The study results showed that endurance performance (VO2max) and strength performance (bench press) increased significantly in the training group compared to the pretest. Furthermore, eight weeks of combined training made significant changes (pretest and posttest) in strength (bench press) and endurance performance (VO2max) in the training group compared to the control group. The bench press strength and aerobic function increased to 21 and 33%, respectively, showing the training protocol in the present study made more changes in strength and aerobic function than in previous studies (9). The volume and intensity used in training sessions, type of training, duration of training protocol, and subjects’ features are the factors possibly making these changes.
Moreover, the study results indicated decreased PSA, SHBG, and TS levels in the training group, in within-group comparisons, and compared to the control group. The results of the present study are inconsistent with the results of studies by Glavao et al. (2014) (10). Liu et al. (2011) and Fathollahi et al. (2017) showed that PSA levels as an important marker of prostate cancer decrease significantly after losing weight and BMI. To explain this inverse relationship between BMI and PSA level, we can say that serum levels of androgens decrease by raising the BMI and weight and influence the growth and differentiation of the prostate. Hence, the PSA production is influenced by the effect of androgens on promotor area response elements (11-13).

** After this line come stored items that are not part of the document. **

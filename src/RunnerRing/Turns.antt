-- ===== src/RunnerRing/Turns.antt =====
-- llm-runner/pool.go, `pickRunner`: the turns of the runners.
use native.Mathlib.Nat.{mod-lt, mod-eq_of_lt, mod-add-mod, add-mod_right}
use gen_runner.Prelude.{
  ℕ, zero, suc, ◌+◌, ◌-◌, ◌%◌, ◌^◌, ◌<◌, ◌≡◌, refl, sym, ap, ◌∙◌, inl, inr, true, some, List, [],
  ◌∷◌, arith, leb, leb→le, Bool-cases, length, get_elem?,
}
use gen_runner.Text.{contains, Text, text_eq}
use gen_runner.Text.Laws.{text_eq_iff}
use gen_runner.RunnerRing.Send.Answers.{is_empty-false}
use gen_runner.RunnerRing.{text_eq, Ring, enabled_addresses, next_index, pick_runner}

-- The ring after a number of picks.
unfoldable pub after : ℕ → Ring → Ring
after zero p = p
after (suc k) p = (pick_runner (after k p)).0

-- Some number of steps below `n` leads from any place to a given one.
steps_to : (x n j : ℕ) → j < n → (k : ℕ) × (k < n) × ((x + k) % n ≡ j)
steps_to x n j h =
    let r = x % n in
    let below : r < n = mod-lt x (omega arith) in
    elim (Bool-cases (leb r j)) [
      | inl e ↦
          let le = leb→le r j e in
          (
            j - r,
            omega arith,
            sym (mod-add-mod x n (j - r)) ∙ ap (λ (y : ℕ). y % n) (omega arith) ∙ mod-eq_of_lt h,
          )
      | inr e ↦
          let gt : j < r = ground (arith, e) in
          (
            j + n - r,
            omega arith,
            sym (mod-add-mod x n (j + n - r))
                ∙ ap (λ (y : ℕ). y % n) (omega arith)
                ∙ add-mod_right j n
                ∙ mod-eq_of_lt h,
          )
    ]

picked_index :
    (p : Ring)
    → 0 < length (enabled_addresses p)
    → ((pick_runner p).0.index ≡ next_index p.index)
      × (enabled_addresses (pick_runner p).0 ≡ enabled_addresses p)
      × ((pick_runner p).1
          ≡ get_elem? (enabled_addresses p) (next_index p.index % length (enabled_addresses p)))
unfolding pick_runner
picked_index p full =
    let some_addr = is_empty-false (enabled_addresses p) full in
    (rw some_addr, rw some_addr (unfold enabled_addresses in refl), rw some_addr)

after_lem :
    (k : ℕ) (p : Ring)
    → 0 < length (enabled_addresses p)
    → p.index + k < 2 ^ 32
    → ((after k p).index ≡ p.index + k) × (enabled_addresses (after k p) ≡ enabled_addresses p)
unfolding after
after_lem zero p full h = (omega arith, refl)
after_lem (suc k) p full h =
    let (at, same) = after_lem k p full (omega arith) in
    let (at', same', _) = picked_index (after k p) (rw same full) in
    (at' ∙ omega (arith, at), same' ∙ same)

contains-get_elem? :
    (l : List Text) (a : Text)
    → contains l a ≡ true
    → (j : ℕ) × (j < length l) × (get_elem? l j ≡ some a)
contains-get_elem? [] a h = absurd (cc)
contains-get_elem? (b ∷ l) a h = elim (Bool-cases (text_eq b a)) [
  | inl t ↦ (0, omega arith, ap (λ (x : Text). some x) ((text_eq_iff b a).0 t))
  | inr t ↦ let (j, s, e) = contains-get_elem? l a (ground (arith, t, h)) in (suc j, omega arith, e)
]

-- Every enabled runner gets its turn within as many picks in a row as there are enabled runners, if
-- the index does not wrap around meanwhile.
pub pick_runner-turn :
    (p : Ring) (a : Text)
    → contains (enabled_addresses p) a ≡ true
    → p.index + length (enabled_addresses p) < 2 ^ 32
    → (k : ℕ) × (k < length (enabled_addresses p)) × ((pick_runner (after k p)).1 ≡ some a)
pick_runner-turn p a h small =
    let addrs = enabled_addresses p in
    let (j, in_range, here) = contains-get_elem? addrs a h in
    let (k, k_lt, e) = steps_to (p.index + 1) (length addrs) j in_range in
    let (at, same) = after_lem k p (omega arith) (omega arith) in
    let (_, _, pick) = picked_index (after k p) (rw same (omega arith)) in
    let place : next_index (after k p).index % length addrs ≡ j =
      ap (λ (i : ℕ). i % length addrs) (omega (arith, at)) ∙ e in
    (k, k_lt, rw (same, place) at pick ∙ here)
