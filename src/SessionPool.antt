-- ===== src/SessionPool.antt =====
-- internal/mcpclient/session_pool.go: the sessions with MCP servers that are kept open. The pool maps
-- the number of a server to the address of a connection, which a call holds on to: `conns` is the
-- store of connections, and an address is an index. Sessions are numbered as they are opened.
-- `acquire` is the part of `run` under the pool's lock, the rest is under that of the connection, so
-- that other calls may stand between the two.
pub mod Sound
pub mod Laws
pub mod Runs
pub mod Lost
use gen_runner.Prelude.{
  ℕ, zero, suc, ◌+◌, ◌-◌, ◌*◌, ◌/◌, ◌%◌, ◌^◌, ◌≤◌, ◌<◌, min, max, ◌≡◌, refl, sym, ap, ◌∙◌, subst,
  ◌≢◌, ◌↔◌, ◌⊎◌, inl, inr, Bool, true, false, not, ◌&&◌, ◌||◌, Option, none, some, List, [], ◌∷◌,
  ◌++◌, map, reverse, append_assoc, append-nil, arith, ltb, leb, ◌==◌, if◌then◌else◌, is_some,
  ltb→lt, lt→ltb, leb→le, le→leb, lt→leb_false, le→ltb_false, ==_iff, Bool-cases, Option-cases,
  List-cases, length, is_empty, get_elem?, set, take, drop, filter_by, all_by, All, is_empty-nil,
  length-append, length-reverse, length-map, length-set, take-append-drop, length-take, length-drop,
  take-append_left, drop-append_left, All-append, All-map_weaken, filter_by-All, filter_by-passes,
}
use gen_runner.Prelude.Int.{ℤ, pos, negsuc, pos_part}
use gen_runner.Text.{Text, codes, text_eq, trim_space}
use gen_runner.IdDict.{IdDict, id_eq, find, assign}

pub record PooledConn : Type 0 where
  pub fp : Text
  pub session : Option ℕ
  pub last_used : ℕ

pub record Sessions : Type 0 where
  pub by_id : IdDict ℕ
  pub conns : List PooledConn
  pub opened : ℕ
  pub closed : List ℕ

-- `&pooledServerConn{}`
abbrev pub empty_conn : PooledConn
empty_conn = record { fp = []; session = none; last_used = 0 }

-- The connection at an address that was given out.
unfoldable pub conn_at : List PooledConn → ℕ → PooledConn
conn_at conns a = elim (get_elem? conns a) [ none ↦ empty_conn | some c ↦ c ]

unfoldable pub acquire : Sessions → ℤ → Sessions × ℕ
acquire p id = elim (find id p.by_id) [
  | some a ↦ (p, a)
  | none ↦ (
    record p { by_id = assign id (length p.conns) p.by_id; conns = p.conns ++ empty_conn ∷ [] },
    length p.conns,
  )
]

-- `pc.session.Close()` and `pc.session = nil`, if there is one.
unfoldable pub close_session : Sessions → ℕ → Sessions
close_session p a = elim (conn_at p.conns a).session [
  | none ↦ p
  | some s ↦ record p {
    conns = set p.conns a (record (conn_at p.conns a) { session = none });
    closed = s ∷ p.closed;
  }
]

unfoldable pub open_session : Sessions → ℕ → Text → Sessions
open_session p a fp = record p {
  conns = set p.conns a (record (conn_at p.conns a) { fp = fp; session = some p.opened });
  opened = suc p.opened;
}

unfoldable pub touch : Sessions → ℕ → ℕ → Sessions
touch p a now = record p { conns = set p.conns a (record (conn_at p.conns a) { last_used = now }) }

-- What the operation on a session did; an error may be one of the transport, which
-- `isRetryableTransportError` tells from its text and the context.
pub data Outcome : Type 0 where
  done : Outcome
  failed : Bool → Outcome

-- What one round meets: the times at its start and after the operation, whether a connection can be
-- made, and the outcome.
pub record Round : Type 0 where
  pub now : ℕ
  pub done_at : ℕ
  pub connects : Bool
  pub outcome : Outcome

pub data Result : Type 0 where
  finished connect_error operation_error : Result

-- The session that is there when the round has closed a stale one. The difference of the times is
-- not below 0 here.
unfoldable pub without_stale : Sessions → ℕ → Text → ℕ → ℕ → Sessions
without_stale p a fp max_idle now =
    let c = conn_at p.conns a in
    if is_some c.session && (not (text_eq c.fp fp) || ltb max_idle (now - c.last_used))
    then close_session p a
    else p

-- The connection with a session, or `none` if none can be made.
unfoldable pub with_session : Sessions → ℕ → Text → Bool → Option Sessions
with_session p a fp connects =
    if is_some (conn_at p.conns a).session
    then some p
    else if connects
    then some (open_session p a fp)
    else none

-- A call of the operation: the session it ran on, and the sessions that were closed by then.
pub record Try : Type 0 where
  pub on : Option ℕ
  pub closed_before : List ℕ

-- From the end of the operation on: the result, whether the loop goes on when it may, and the calls of
-- the operation, the last one first.
unfoldable pub after_operation :
    Sessions → ℕ → Bool → ℕ → Outcome → List Try → Sessions × Result × Bool × List Try
after_operation ready a reused done_at done used = (touch ready a done_at, finished, false, used)
after_operation ready a reused done_at (failed retryable) used =
    (close_session (touch ready a done_at) a, operation_error, reused && retryable, used)

-- One round of the loop.
unfoldable pub run_round :
    Sessions → ℕ → Text → ℕ → Round → List Try → Sessions × Result × Bool × List Try
run_round p a fp max_idle r used =
    let q = without_stale p a fp max_idle r.now in
    let reused = is_some (conn_at q.conns a).session in
    elim (with_session q a fp r.connects) [
      | none ↦ (q, connect_error, false, used)
      | some ready ↦
          after_operation ready a reused r.done_at r.outcome
            ((record { on = (conn_at ready.conns a).session; closed_before = ready.closed }) ∷ used)
    ]

-- The loop of two rounds.
unfoldable pub run_on : Sessions → ℕ → Text → ℕ → Round → Round → Sessions × Result × List Try
run_on p a fp max_idle first second =
    let (q, result, again, used) = run_round p a fp max_idle first [] in
    let (q', result', again', used') = run_round q a fp max_idle second used in
    if again then (q', result', used') else (q, result, used)

-- The map without the server.
unfoldable pub forget : ℤ → IdDict ℕ → IdDict ℕ
forget id [] = []
forget id ((j, a) ∷ m) = let rest = forget id m in if id_eq j id then rest else (j, a) ∷ rest

unfoldable pub close_server : Sessions → ℤ → Sessions
close_server p id = if leb (pos_part id) 0 then p else elim (find id p.by_id) [
  | none ↦ p
  | some a ↦ close_session (record p { by_id = forget id p.by_id }) a
]

-- `SetHTTPSessionMaxIdleSec`, in seconds.
unfoldable pub session_max_idle_sec : ℤ → ℕ
session_max_idle_sec sec =
    let s = if leb (pos_part sec) 0 then 180 else pos_part sec in if ltb 600 s then 600 else s

-- `useHTTPSessionPool`, for the setting, the server's number and its transport in lower case without
-- spaces; `none` is a nil server.
unfoldable pub use_http_session_pool : Bool → Option (ℤ × Text) → Bool
use_http_session_pool reuse none = false
use_http_session_pool reuse (some (id, transport)) =
    reuse
    && not (leb (pos_part id) 0)
    && (text_eq transport (codes "sse") || text_eq transport (codes "streamable"))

Furthermore, in the study by Popovic et al. (2019), it is shown that endurance training of reducing insulin level and IGF-1 has a direct influence on increasing the production of androgen levels, especially TS and SHBG that is consistent to the results of our study (14). Besides, the results of the study showed that the serum level of PTEN protein had significantly increased in the training group compared to pre-test and the control group. In the study of Dashtian et al. (2017) and Ma et al. (2013) they examined the influence of intermittent training and endurance training on gene expression and PTEN protein in gastrocnemius and soleus muscles of Wistar rats (15, 16). The results showed that PTEN, MRNA, and PTEN protein have decreased in gastrocnemius and soleus muscles which is inconsistent to the results of our study. Yu et al. (2016) reported that exercise with inhibition of MDM2 causes an increase in PTEN and P53 levels. PTEN with PIP3 inhibition that is an Akt inhibitor prevents cell death. Hence, it seems that the increase of serum level of PTEN can have an effective role to improve the patients’ condition (17, 18). Among the limitations of study, we can point out the size of samples and also the duration of the training protocol which can be influential on the responses of study variables. Hence, more studies with larger sample size and duration of training program are needed to catch favorable responses in case of combined training.
5.1. Conclusions
Eight weeks of combined resistance and endurance training can improve the body composition indices, strength, and endurance performance in prostate cancer patients. Moreover, combined training can have an influential role in improving the physical condition of these patients.